И все смолкло. Солнце озаряет камни мостовой. Кровавым пятном между двумя телами алеет гвоздика.
Из окна церковной кофейни кто-то отчаянно машет белым платком.
СЕРНА
Да не позвала по-человечьи,
А проблеяла серной лесною…
Вон там, где спускаются с Крайницы белые обрывы, в низине, была мельница деда Цоно. Сохранились вербы, сохранилась запруда, а мельницы нету. Остались только развалины каменных стен, поросшие ежевикой, да две-три балки, посеревшие и ссохшиеся, как гриб. Потому что все это было в давнее время, и теперь ни люди, ни места уж не те, какими были тогда.
Двое ходили на ту мельницу: сам дедушка Цоно да сын его Стефан. Дед Цоно был старый. А старики все — сгорбленные, и ежели молодежь обычно глядит вверх, то они не подымают глаз от земли, которая скоро их возьмет. Но дед Цоно был не то что сгорбленный, а из-за какой-то болезни просто согнутый пополам и совсем не мог ходить прямо, кроме как заложив свою палку поперек спины и взявшись руками за оба конца. Таким способом он сохранял равновесие и медленно шагал, опустив глаза в землю, словно чего-то ища. Идя на мельницу, он не сворачивал ни налево, ни направо, а точно следовал всем изгибам и поворотам тропинки.
Стефан был другой. Он знать не хотел никакой дороги. Кажется, только вышел из села, а глядишь — вон он уж над мельницей, торчит на холме во весь свой могучий рост, и ребятишки, забравшиеся в сад за сливами, при виде его не слезают, а прямо валятся с деревьев и улепетывают со всех ног. Будто сокол напустился на воробьев.

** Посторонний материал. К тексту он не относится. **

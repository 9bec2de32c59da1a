-- ===== src/Driver/Placed.antt =====
-- The blocks of malloc pass the first checks of the driver.
use cmpsc_473_operating_syst.Common.{
  ℕ, ◌+◌, ◌-◌, ◌^◌, ◌≤◌, ◌<◌, ◌≡◌, ◌∙◌, ap, sym, ◌⊎◌, inl, inr, arith, false, some, List, ◌∷◌, ◌++◌,
  Option,
}
use mathlib.Core.Path.{subst}
use cmpsc_473_operating_syst.Memlib.{mm_heap_lo, mm_heap_hi}
use cmpsc_473_operating_syst.Malloc.{Mm, malloc}
use cmpsc_473_operating_syst.Malloc.Blocks.{used, Row, row_end, row_end-le, row_end-append}
use cmpsc_473_operating_syst.Malloc.Invariant.{IsHeap}
use cmpsc_473_operating_syst.Malloc.Answers.{Granted}
use cmpsc_473_operating_syst.Malloc.Allocate.{malloc-Granted}
use cmpsc_473_operating_syst.Driver.{misplaced}

Granted-misplaced :
    (n : ℕ) (s : Mm) (bs : Row) (p : ℕ) (s' : Mm)
    → 0 < n
    → Granted n s bs p s'
    → misplaced s'.lib p (p + n - 1) ≡ false
unfolding mm_heap_lo mm_heap_hi
Granted-misplaced n s bs p s' some_bytes (ls, r, c, rs, xs, (h, same, comes, at, aligned, room)) =
    let (low, align, end, most, limit) = h.fits in
    let before = row_end-le (s.lib.heap + 8) ls in
    let behind = row_end-le (row_end (s.lib.heap + 8) ls + r) rs in
    let whole : row_end (row_end (s.lib.heap + 8) ls + r) rs + 8 ≡ s'.lib.mem_brk =
      ap (λ t. t + 8) (sym (row_end-append (s.lib.heap + 8) ls (used r c ∷ rs)))
      ∙ ap (λ t. row_end (t + 8) (ls ++ used r c ∷ rs) + 8) (sym same)
      ∙ end in
    ground arith

Some-injective :
    (p q : ℕ) (s t : Mm) → ◌≡◌ {A = Option (ℕ × Mm)} (some (p, s)) (some (q, t)) → (p ≡ q) × (s ≡ t)
Some-injective p q s t e = (cc, cc)

-- In a heap in order, for a request of some bytes, 2 ^ 63 - 32 at most: what malloc answers is NULL,
-- or a payload that the driver finds aligned and within the heap.
pub malloc-misplaced :
    (n : ℕ) (s : Mm) (bs : Row) (xs : List ℕ) (p : ℕ) (s' : Mm)
    → IsHeap s bs xs
    → 0 < n
    → n + 32 ≤ 2 ^ 63
    → malloc n s ≡ some (p, s')
    → (p ≡ 0) ⊎ (misplaced s'.lib p (p + n - 1) ≡ false)
malloc-misplaced n s bs xs p s' h some_bytes small e =
    let (q, t, (e', outcome)) = malloc-Granted n s bs xs h some_bytes small in
    let (same, same') = Some-injective p q s' t (sym e ∙ e') in
    elim outcome [
      | inl refused ↦ inl (same ∙ refused.0)
      | inr granted ↦ inr (
          subst (λ u. misplaced u.lib p (p + n - 1) ≡ false) (sym same')
            (subst (λ v. misplaced t.lib v (v + n - 1) ≡ false) (sym same)
              (Granted-misplaced n s bs q t some_bytes granted)))
    ]
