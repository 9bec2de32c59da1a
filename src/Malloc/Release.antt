-- ===== src/Malloc/Release.antt =====
-- mm.c: free, coalesce, realloc and calloc.
use cmpsc_473_operating_syst.Common.{
  ℕ, ◌+◌, ◌-◌, ◌*◌, ◌/◌, ◌%◌, ◌^◌, Bool, ◌&&◌, not, Option, none, some, ltb, leb, ◌==◌,
  if◌then◌else◌,
}
use cmpsc_473_operating_syst.Memlib.{Memory, mm_heap_lo, mm_heap_hi, mm_memcpy, mm_memset}
use cmpsc_473_operating_syst.Malloc.{
  Mm, load, put, has_1, has_2, size_of, without_1, without_2, toggle_2, align,
  remove_from_free_list, add_to_free_list, malloc,
}

-- Whether a header may be merged. `(size_t *)mm_heap_hi() - 7` is 56 bytes below the last one.
abbrev pub mergeable : Mm → ℕ → Bool
mergeable s header = leb (mm_heap_lo s.lib + 8) header && ltb header (mm_heap_hi s.lib - 56)

-- The block before, if it is free: what the merged block is, how large, and what is left.
unfoldable pub merge_prev : ℕ → Mm → ℕ × ℕ × Mm
unfolding remove_from_free_list mm_heap_lo mm_heap_hi
merge_prev block s =
    let current_size = size_of (load s block) in
    let prev_header = block - 8 * (size_of (load s (block - 8)) / 8) in
    if not (has_2 (load s block)) && mergeable s prev_header
    then (let s' = remove_from_free_list prev_header s in
        (prev_header, (current_size + size_of (load s' prev_header)) % 2 ^ 64, s'))
    else (block, current_size, s)

-- The block behind, if it is free.
unfoldable pub merge_next : ℕ → ℕ → Mm → ℕ × Mm
unfolding remove_from_free_list mm_heap_lo mm_heap_hi
merge_next next_header merged_size s =
    if mergeable s next_header && not (has_1 (load s next_header))
    then (let s' = remove_from_free_list next_header s in
        ((merged_size + size_of (load s' next_header)) % 2 ^ 64, s'))
    else (merged_size, s)

unfoldable pub coalesce : ℕ → Mm → Mm
unfolding merge_prev merge_next remove_from_free_list add_to_free_list
coalesce block s =
    let current_size = size_of (load s block) in
    let (merged_block, size1, s1) = merge_prev block s in
    let (merged_size, s2) = merge_next (block + 8 * (current_size / 8)) size1 s1 in
    if merged_size == current_size
    then s2
    else (let s3 = remove_from_free_list block s2 in
        let s4 = put s3 merged_block merged_size in
        let s5 = put s4 merged_block (toggle_2 (load s4 merged_block)) in
        let s6 = put s5 (merged_block + 8 * (merged_size / 8) - 8) merged_size in
        add_to_free_list merged_block s6)

unfoldable pub free : ℕ → Mm → Mm
unfolding add_to_free_list coalesce
free ptr s =
    if ptr == 0
    then s
    else (let block = ptr - 8 in
        let s1 = put s block (without_1 (load s block)) in
        let block_size = size_of (load s1 block) in
        let s2 = put s1 (block + 8 * (block_size / 8) - 8) block_size in
        let behind = block + 8 * (block_size / 8) in
        let s3 = put s2 behind (without_2 (load s2 behind)) in
        coalesce block (add_to_free_list block s3))

-- What `memcpy` and `memset` leave.
abbrev pub with_mem : Mm → Option Memory → Option Mm
with_mem s none = none
with_mem s (some mem) = some (record s { mem = mem })

abbrev pub copied : ℕ → ℕ → ℕ → Mm → Option Mm
copied new oldptr size s =
    let old_block_size = size_of (load s (oldptr - 8)) in
    let bytes_to_copy = if ltb old_block_size size then old_block_size else size in
    if new == 0 then some s else with_mem s (mm_memcpy s.mem new oldptr bytes_to_copy)

unfoldable pub realloc : ℕ → ℕ → Mm → Option (ℕ × Mm)
unfolding malloc free mm_memcpy
realloc oldptr size s =
    if oldptr == 0
    then malloc size s
    else if size == 0
    then some (0, free oldptr s)
    else elim (malloc size s) [
      | none ↦ none
      | some (new, s1) ↦ elim (copied new oldptr size s1) [
        | none ↦ none
        | some s2 ↦ some (new, free oldptr s2)
      ]
    ]

unfoldable pub calloc : ℕ → ℕ → Mm → Option (ℕ × Mm)
unfolding malloc mm_memset
calloc nmemb size s =
    let bytes = (size * nmemb) % 2 ^ 64 in
    elim (malloc bytes s) [
      | none ↦ none
      | some (ptr, s1) ↦
          if ptr == 0 then some (ptr, s1) else elim (with_mem s1 (mm_memset s1.mem ptr 0 bytes)) [
            | none ↦ none
            | some s2 ↦ some (ptr, s2)
          ]
    ]

unfoldable pub in_heap : ℕ → Mm → Bool
unfolding mm_heap_lo mm_heap_hi
in_heap p s = leb p (mm_heap_hi s.lib) && leb (mm_heap_lo s.lib) p

unfoldable pub aligned : ℕ → Bool
unfolding align
aligned p = align p == p
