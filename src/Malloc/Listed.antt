-- ===== src/Malloc/Listed.antt =====
-- A block whose words are those of a free one goes into the list.
use cmpsc_473_operating_syst.Common.{
  ℕ, ◌+◌, ◌-◌, ◌^◌, ◌≤◌, ◌<◌, ◌≡◌, refl, ap, sym, ◌∙◌, ◌⊎◌, inl, inr, arith, Bool, true, false,
  List, ◌∷◌, ◌++◌, length,
}
use mathlib.Core.Path.{subst}
use cmpsc_473_operating_syst.Memlib.{MemLib}
use cmpsc_473_operating_syst.Malloc.{Mm, load, add_to_free_list}
use cmpsc_473_operating_syst.Malloc.FreeList.{Placed, Outside}
use cmpsc_473_operating_syst.Malloc.Blocks.{
  vacant, Row, row_end, row_end-le, row_end-append, last_used, vacancies, vacancies-append, flag,
  Sized,
}
use cmpsc_473_operating_syst.Malloc.Vacancies.{In, Same, In-append, AllApart-of, vacancies_within}
use cmpsc_473_operating_syst.Malloc.Members.{Same-cons, length-cons}
use cmpsc_473_operating_syst.Malloc.Around.{Runs, Runs-append, Around, Linkable}
use cmpsc_473_operating_syst.Malloc.Invariant.{IsHeap, Fits, Shape}
use cmpsc_473_operating_syst.Malloc.Relink.{load-add, Shape-add}

module _ (lib : MemLib) (ls rs : Row) (hi : ℕ) where
  -- The free blocks outside the bytes from `low` to `hi`.
  abbrev pub outer : List ℕ
  outer = vacancies (lib.heap + 8) ls ++ vacancies hi rs

  pub outer-apart :
      (u : Bool) (s : Mm)
      → Around lib ls rs hi u s
      → (x : ℕ) → In x outer
      → (x + 32 ≤ row_end (lib.heap + 8) ls) ⊎ (hi ≤ x)
  outer-apart u s (same, left, right) x i =
      let a = lib.heap + 8 in
      elim (In-append x (vacancies a ls) (vacancies hi rs) i) [
        | inl l ↦ inl (vacancies_within s.mem true a x ls left l).1
        | inr r ↦ inr (vacancies_within s.mem u hi x rs right.0 r).0
      ]

  pub outer-Linkable : (x : ℕ) → In x outer → Linkable lib ls rs hi x
  outer-Linkable x i = elim (In-append x (vacancies (lib.heap + 8) ls) (vacancies hi rs) i) [
    | inl l ↦ inr (inl l)
    | inr r ↦ inr (inr r)
  ]

module _ (lib : MemLib) (ls : Row) (k : ℕ) (rs : Row) (xs : List ℕ) (s : Mm) (sized : Sized k)
    (shape : Shape lib ls rs (row_end (lib.heap + 8) ls + k) xs false s)
    (same : Same xs (outer lib ls rs (row_end (lib.heap + 8) ls + k))) (placed : Placed xs)
    (counted : length xs ≡ length (outer lib ls rs (row_end (lib.heap + 8) ls + k)))
    (fits : Fits lib (ls ++ vacant k ∷ rs)) where
  abbrev a : ℕ
  a = lib.heap + 8

  abbrev b : ℕ
  b = row_end a ls

  abbrev bs : Row
  bs = ls ++ vacant k ∷ rs

  abbrev t : Mm
  t = add_to_free_list b s

  behind : row_end (b + k) rs + 8 < 2 ^ 64
  behind =
      let (low, align, end, most, limit) = fits in
      omega (arith, row_end-append a ls (vacant k ∷ rs))

  apart : (x : ℕ) → In x xs → (x + 32 ≤ b) ⊎ (b + k ≤ x)
  apart x i = outer-apart lib ls rs (b + k) false s shape.0 x ((same x).0 i)

  linkable : (x : ℕ) → In x (b ∷ xs) → Linkable lib ls rs (b + k) x
  linkable x (inl e) = let z = sized in inl (omega arith, omega arith)
  linkable x (inr i) = outer-Linkable lib ls rs (b + k) x ((same x).0 i)

  Placed-all : Placed (b ∷ xs)
  Placed-all =
      let z = sized in
      let f = behind in
      (
        omega (arith, row_end-le (b + k) rs),
        AllApart-of b xs (λ x i. let o = apart x i in ground arith),
        placed,
      )

  outside : (x w : ℕ) → (w ≡ b) ⊎ (w ≡ b + k - 8) → In x (b ∷ xs) → Outside w x
  outside x w out (inl e) = let z = sized in ground arith
  outside x w out (inr i) = let z = sized in let o = apart x i in ground arith

  kept : (w v : ℕ) → (w ≡ b) ⊎ (w ≡ b + k - 8) → load s w ≡ v → load t w ≡ v
  kept w v out e = load-add s w b xs shape.1 (λ x i. outside x w out i) ∙ e

  all : vacancies a bs ≡ vacancies a ls ++ b ∷ vacancies (b + k) rs
  all = vacancies-append a ls (vacant k ∷ rs)

  pub IsHeap-listed :
      load s b ≡ k + flag (last_used true ls)
      → load s (b + k - 8) ≡ k
      → (t.lib ≡ lib) × IsHeap t bs (b ∷ xs)
  IsHeap-listed header footer =
      let (low, align, end, most, limit) = fits in
      let ((same_lib, left, right), linked) =
        Shape-add lib ls rs (b + k) (let z = sized in omega arith) false s b xs
          (omega (arith, row_end-le a ls)) Placed-all linkable shape in
      (
        same_lib,
        record {
          fits = subst (λ l. Fits l bs) (sym same_lib) fits;
          runs =
              subst (λ l. Runs t.mem true (l.heap + 8) bs) (sym same_lib)
                (Runs-append t.mem true a ls (vacant k ∷ rs) left (
                  (
                    (
                      sized,
                      kept b (k + flag (last_used true ls)) (inl refl) header,
                      kept (b + k - 8) k (inr refl) footer,
                    ),
                    right.0,
                  ),
                  right.1,
                ));
          linked = linked;
          placed = Placed-all;
          same =
              subst (λ l. Same (b ∷ xs) (vacancies (l.heap + 8) bs)) (sym same_lib)
                (subst (Same (b ∷ xs)) (sym all)
                  (Same-cons b xs (vacancies a ls) (vacancies (b + k) rs) same));
          counted =
              subst (λ l. length (b ∷ xs) ≡ length (vacancies (l.heap + 8) bs)) (sym same_lib)
                (length-cons b xs (vacancies a ls) (vacancies (b + k) rs) counted
                  ∙ ap length (sym all));
        },
      )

Но не всегда ходил Стефан прямым путем на мельницу. Иногда он спускался с кургана туда, где на краю села стоял дом Муцы Стоеничиной. Муца эта была знахаркой, понимала в травах, знала все решительно насчет вил и самодив. О самодивах она говорила, что они давно ушли, оттого что народ плохой стал, но одна, самая красивая, видно, все же осталась у нее в доме. У Муцы была дочь-красавица. Ради нее-то Стефан и сворачивал сюда по дороге на мельницу. Они разговаривали где-нибудь в укромном углу сада, среди слив и подсолнухов, стоя — он по одну сторону плетня, снаружи, она — по другую, внутри. Она — русая, синеглазая, стыдливо потупившись; он — смуглый, широкоплечий, с маленькой черной бородой, обрамлявшей лицо, не скрывая его. Тонкие губы его улыбались, но глаза оставались колючими, темными, с злым огоньком в зрачках.
Получив цветок от Дойны или не получив его, но все равно почувствовав у себя за плечами крылья, он перепрыгивал через овраги, перелетал с холма на холм и в одну минуту оказывался возле мельницы. Пускал воду, и мельничный конек начинал стучать. А что представляла собой мельница дедушки Цоно? Жалкое, незаметное строеньице, низенькое, прижавшееся к земле, прилепившееся под холмом, будто ласточкино гнездо под стрехой. Но велик был полый коуз, позеленелый, промокший, разбухший: вода наполняла его и низвергалась оттуда вниз, ударяя в лопасти колеса. По другую сторону, словно из темного зева пещеры, вода вырывалась, вспенившись, плескалась в стены, плескалась в мокрую, блестящую каменную плиту, поставленную поперек, шумела, разлеталась тысячами брызг, мелкой росой наполнявших воздух. В солнечную погоду здесь всегда появлялась маленькая радуга. И словно весь свет солнца собирался в этой радуге, и все, что только есть веселого, пело песню мельничного конька. Потому что вокруг не было ничего, кроме молчаливых оврагов да темных лесов.